All About Wheat, Gluten, and Whole Grains

So something that’s confused me over the years of trying to eat healthy is what exactly different labels on wheat products and other grains mean. Here’s a summary of important terms (definitions and other notes) to consider when you are trying to eat whole, real foods:

Wheat Flour – This is also known as white flour and doesn’t contain all parts of the wheat grain – generally most of the bran and germ have been removed. Also note that “unbleached enriched wheat flour” on product labels is also the same as white flour.

So what’s wrong with removing the bran and germ, you ask? Well, these parts of the grain contain most of the nutrients in wheat (and most grains), while the part of the grain that is left in white flour (the endosperm) is missing a lot of key nutrients. White flour will cause a much greater spike in your blood sugar than wheat flour. White flour also has less fiber as well as many vitamins. Overall, if you are trying to eat foods that will make you feel good and improve your health, white flour shouldn’t be a regular part of your diet.

Whole Wheat – Contains all parts of the wheat grain – the bran, germ, and endosperm (more about whole grains here). This is much healthier than white flour, as more nutrients are found in the bran and germ than in the endosperm. For the healthiest bread, look for 100% whole wheat.

White Whole Wheat – This is a type of whole wheat from a variety of wheat that is lighter in color and milder in flavor than traditional wheat. This flour is nutritionally similar to traditional whole wheat flour.

Whole Grain – This is similar to whole wheat, except that this term applies to all grains (wheat, barley, rye, etc). Basically whole grain products have to contain all parts of the grain (bran, germ, endosperm). Whole grains can include:

  • Amaranth
  • Barley
  • Brown or Wild Rice
  • Buckwheat
  • Corn
  • Millet
  • Quinoa
  • Rye
  • Oats
  • Wheat including: Bulgur, Kamut, & Spelt

For a product to be labelled whole grain the first ingredient on the label must be a whole grain (i.e. there must be more whole grains than any other ingredient). Therefore, flour can be labelled whole grain if 51% of the flour is whole grain and the other 49% of the flour is refined (for more information on whole grain labeling see this website). Additionally, many mills separate the components of the grain (bran, germ, endosperm) for part of processing and then recombine them later. I’ve read arguments that this separation during processing may compromise the nutritional value of eating the whole grain (for example, Michael Pollan’s book Cooked), and some smaller mills have started to use whole milling methods, where the components of the grain are not separated during any portion of processing.

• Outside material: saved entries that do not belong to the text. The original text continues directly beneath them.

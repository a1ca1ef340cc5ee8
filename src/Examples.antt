-- ===== src/Examples.antt =====
-- Concrete runs of the model: the theorems at configurations and inputs like those of the Go tests.
pub mod Rules
pub mod Tables
pub mod Verdicts
pub mod Ports
pub mod Leases
pub mod Statuses
pub mod Packets
pub mod Kernels
pub mod Passes
pub mod Attempts
pub mod Settings
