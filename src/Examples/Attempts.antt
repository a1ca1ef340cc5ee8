-- ===== src/Examples/Attempts.antt =====
-- internal/attempt: records over a clock of whole seconds.
use molebridge.Base.{ℕ, ◌+◌, true, ◌≡◌, refl, some, List, [], bytes, leb, arith, Text-discrete}
use molebridge.Validate.Json.{string, whole, Object, member, no_member, Floats}
use molebridge.Attempt.State.{Attempt, idle, known_action}
use molebridge.Attempt.Record.{json_object, load}
use molebridge.Attempt.Loaded.{IsValid, load-IsValid}
use molebridge.Attempt.Kept.{load-json_object}

abbrev seconds : Floats ℕ
seconds = record {
  of_whole = λ n. n;
  of_negative = λ n. 0;
  is_finite = λ t. true;
  plus_sec = λ t n. t + n;
  since_at_least = λ now t n. leb (t + n) now;
}

abbrev boot : List ℕ
boot = bytes "b1"

abbrev waiting : Attempt ℕ
waiting = record (idle boot) {
  attempt_id = bytes "a0";
  target = bytes "se-1";
  state = bytes "failed";
  attempts = 3;
  backoff_step = 3;
  next_action = bytes "reapply";
  next_action_at = some 1000;
  last_mutation_at = some 520;
  rejected = some (record { key = bytes "k"; reason = bytes "r"; why = []; release = bytes "s" });
}

-- A file whose count is out of range.
abbrev odd_file : Object ℕ
odd_file =
    member (bytes "state") (string (bytes "pending"))
      (member (bytes "attempts") (whole 4294967296) no_member)

load-IsValid_example :
    IsValid (load seconds (some odd_file) boot 5)
    × ((load seconds (some odd_file) boot 5).boot_id ≡ boot)
load-IsValid_example = load-IsValid seconds (some odd_file) boot 5

load-json_object_example : load seconds (some (json_object waiting)) boot 5 ≡ waiting
unfolding Text-discrete known_action
load-json_object_example =
    load-json_object seconds waiting 5
      (record { state = refl; attempts = omega arith; backoff_step = omega arith; action = refl })
      refl refl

Multi-grain – This label indicates the presence of more than one type of grain in the bread and doesn’t necessarily indicate any amount of whole grains. Bread can be made from more than one type of grain and still contain large amounts of white, refined flour.

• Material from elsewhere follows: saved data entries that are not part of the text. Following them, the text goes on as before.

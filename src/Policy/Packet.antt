-- ===== src/Policy/Packet.antt =====
-- internal/policy/policy.go: packets, and whether a rule's selectors take one.
--
-- Byte order of raw attributes is that of amd64 and arm64, the platforms of the image.
use Prim.Native.Nat.{bit_and, bit_xor}
use molebridge.Base.{
  ℕ, ◌+◌, ◌*◌, ◌/◌, Bool, true, false, not, ◌&&◌, ◌||◌, Option, none, some, List, [], ◌∷◌, ◌==◌,
  leb, same, Text, Text-discrete, if◌then◌else◌,
}
use molebridge.Rtnl.Addr.{Family, Addr, Prefix, contains, covers}
use molebridge.Rtnl.Rule.{RawAttr, Rule, invert, extra_flags, effective_mark}
use molebridge.Contract.Spec.{lo}

-- The destination is always an address; an unbound source is `none`.
pub record Packet : Type 0 where
  pub family : Family
  pub iif : Text
  pub mark : ℕ
  pub proto : ℕ
  pub src : Option Addr
  pub dst : Addr
  pub tos : ℕ
  pub sport : ℕ
  pub dport : ℕ
  pub uid : ℕ
  pub l3 : Bool

pub data Tri : Type 0 where
  never always perhaps : Tri

pub record Ext : Type 0 where
  pub uid : Option (ℕ × ℕ)
  pub sport : Option (ℕ × ℕ)
  pub dport : Option (ℕ × ℕ)
  pub dscp : Option ℕ
  pub other : Bool

le16 : ℕ → ℕ → ℕ
le16 a b = a + 256 * b

le32 : ℕ → ℕ → ℕ → ℕ → ℕ
le32 a b c d = a + 256 * (b + 256 * (c + 256 * d))

-- One attribute; any other type or length sets `other`.
ext_attr : ℕ → List ℕ → Ext → Ext
unfolding le16 le32
ext_attr t (a ∷ b ∷ c ∷ d ∷ a' ∷ b' ∷ c' ∷ d' ∷ []) e =
    if t == 20
    then record e { uid = some (le32 a b c d, le32 a' b' c' d') }
    else record e { other = true }
ext_attr t (a ∷ b ∷ c ∷ d ∷ []) e =
    if t == 23
    then record e { sport = some (le16 a b, le16 c d) }
    else if t == 24
    then record e { dport = some (le16 a b, le16 c d) }
    else record e { other = true }
ext_attr t (a ∷ []) e = if t == 25 then record e { dscp = some a } else record e { other = true }
ext_attr t _ e = record e { other = true }

ext_from : Ext → List RawAttr → Ext
unfolding ext_attr
ext_from e [] = e
ext_from e (a ∷ as') = ext_from (ext_attr a.typ a.payload e) as'

unfoldable pub ext : Rule → Ext
unfolding ext_from
ext r =
    ext_from (record { uid = none; sport = none; dport = none; dscp = none; other = false })
      r.unknown

-- An unset name selects everything.
unfoldable pub name_passes : Text → Text → Bool
unfolding Text-discrete
name_passes [] name = true
name_passes sel name = same Text-discrete sel name

abbrev pub is_unset : Text → Bool
is_unset [] = true
is_unset (_ ∷ _) = false

unfoldable pub src_passes : Option Prefix → Option Addr → Bool
unfolding covers
src_passes none a = true
src_passes (some p) none = p.bits == 0
src_passes (some p) (some a) = p.bits == 0 || contains p a

unfoldable pub dst_passes : Option Prefix → Addr → Bool
unfolding covers
dst_passes none a = true
dst_passes (some p) a = p.bits == 0 || contains p a

unfoldable pub mark_passes : ℕ × ℕ → ℕ → Bool
mark_passes m mark = bit_and (bit_xor m.0 mark) m.1 == 0

abbrev pub opt_passes : Option ℕ → ℕ → Bool
opt_passes none v = true
opt_passes (some w) v = w == 0 || w == v

abbrev pub l3_passes : Option ℕ → Bool → Bool
l3_passes none l3 = true
l3_passes (some w) l3 = w == 0 || l3

abbrev pub range_passes : Option (ℕ × ℕ) → ℕ → Bool
range_passes none v = true
range_passes (some b) v = leb b.0 v && leb v b.1

abbrev pub dscp_passes : Option ℕ → ℕ → Bool
dscp_passes none tos = true
dscp_passes (some d) tos = tos / 4 == d

unfoldable pub is_lo : Text → Bool
unfolding Text-discrete
is_lo name = same Text-discrete name lo

-- The tests after which `known` is not `no`. A packet that is not the namespace's own has no
-- output interface at the lookup.
unfoldable pub known : Rule → Packet → Bool
unfolding effective_mark name_passes src_passes dst_passes mark_passes is_lo ext
known r p =
    name_passes r.iif_name p.iif
    && ((is_unset r.oif_name || is_lo p.iif)
        && (src_passes r.src p.src
            && (dst_passes r.dst p.dst
                && (mark_passes (effective_mark r) p.mark
                    && (opt_passes r.ip_proto p.proto
                        && ((r.tos == 0 || r.tos == p.tos)
                            && (l3_passes r.l3_mdev p.l3
                                && (range_passes (ext r).uid p.uid
                                    && (range_passes (ext r).sport p.sport
                                        && (range_passes (ext r).dport p.dport
                                            && dscp_passes (ext r).dscp p.tos))))))))))

-- What the model cannot decide.
unfoldable pub unsure : Rule → Packet → Bool
unfolding extra_flags is_lo ext
unsure r p =
    (ext r).other
    || (r.bad || (not (extra_flags r == 0) || (not (is_unset r.oif_name) && is_lo p.iif)))

abbrev pub flip : Tri → Tri
flip always = never
flip never = always
flip perhaps = perhaps

unfoldable pub matches : Rule → Packet → Tri
unfolding invert known unsure
matches r p =
    let res = if known r p then (if unsure r p then perhaps else always) else never in
    if invert r then flip res else res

Gluten – This is a mixture of proteins present in many cereal grains (wheat, barley, rye). This is what makes bread dough elastic in texture.

Gluten-free – Foods with no gluten, or with very small amounts of gluten (less than 20ppm). Foods labelled gluten-free can still have small amounts of gluten present, but at levels so low that even those with severe Celiac disease should be able to tolerate them.

So what do you do with all of this information if you are trying to eat whole, real foods (on the Daniel Plan or otherwise)? Here are some takeaways that I try to keep in mind when I’m purchasing wheat and other cereal grain products:

  • Look for 100% whole wheat or 100% whole grains on the label
  • When buying flour, research the milling methods of the company producing the flour. Also, look for “unbleached” and “unbromated” flour.
  • Inspect labels containing phrases like “multi-grain” or “seven-grain” cautiously – these terms may make a product sound more healthy than it is
  • The Daniel Plan book recommends eating the sprouted grain products made by Food for Life (also known as Ezekiel bread). This bread is very healthy and contains many different kinds of whole grains (and no flour). There are also other bread options around that are made from whole grains and contain no flour. However, these breads are generally expensive and a lot heartier than most American breads (my husband is not a fan).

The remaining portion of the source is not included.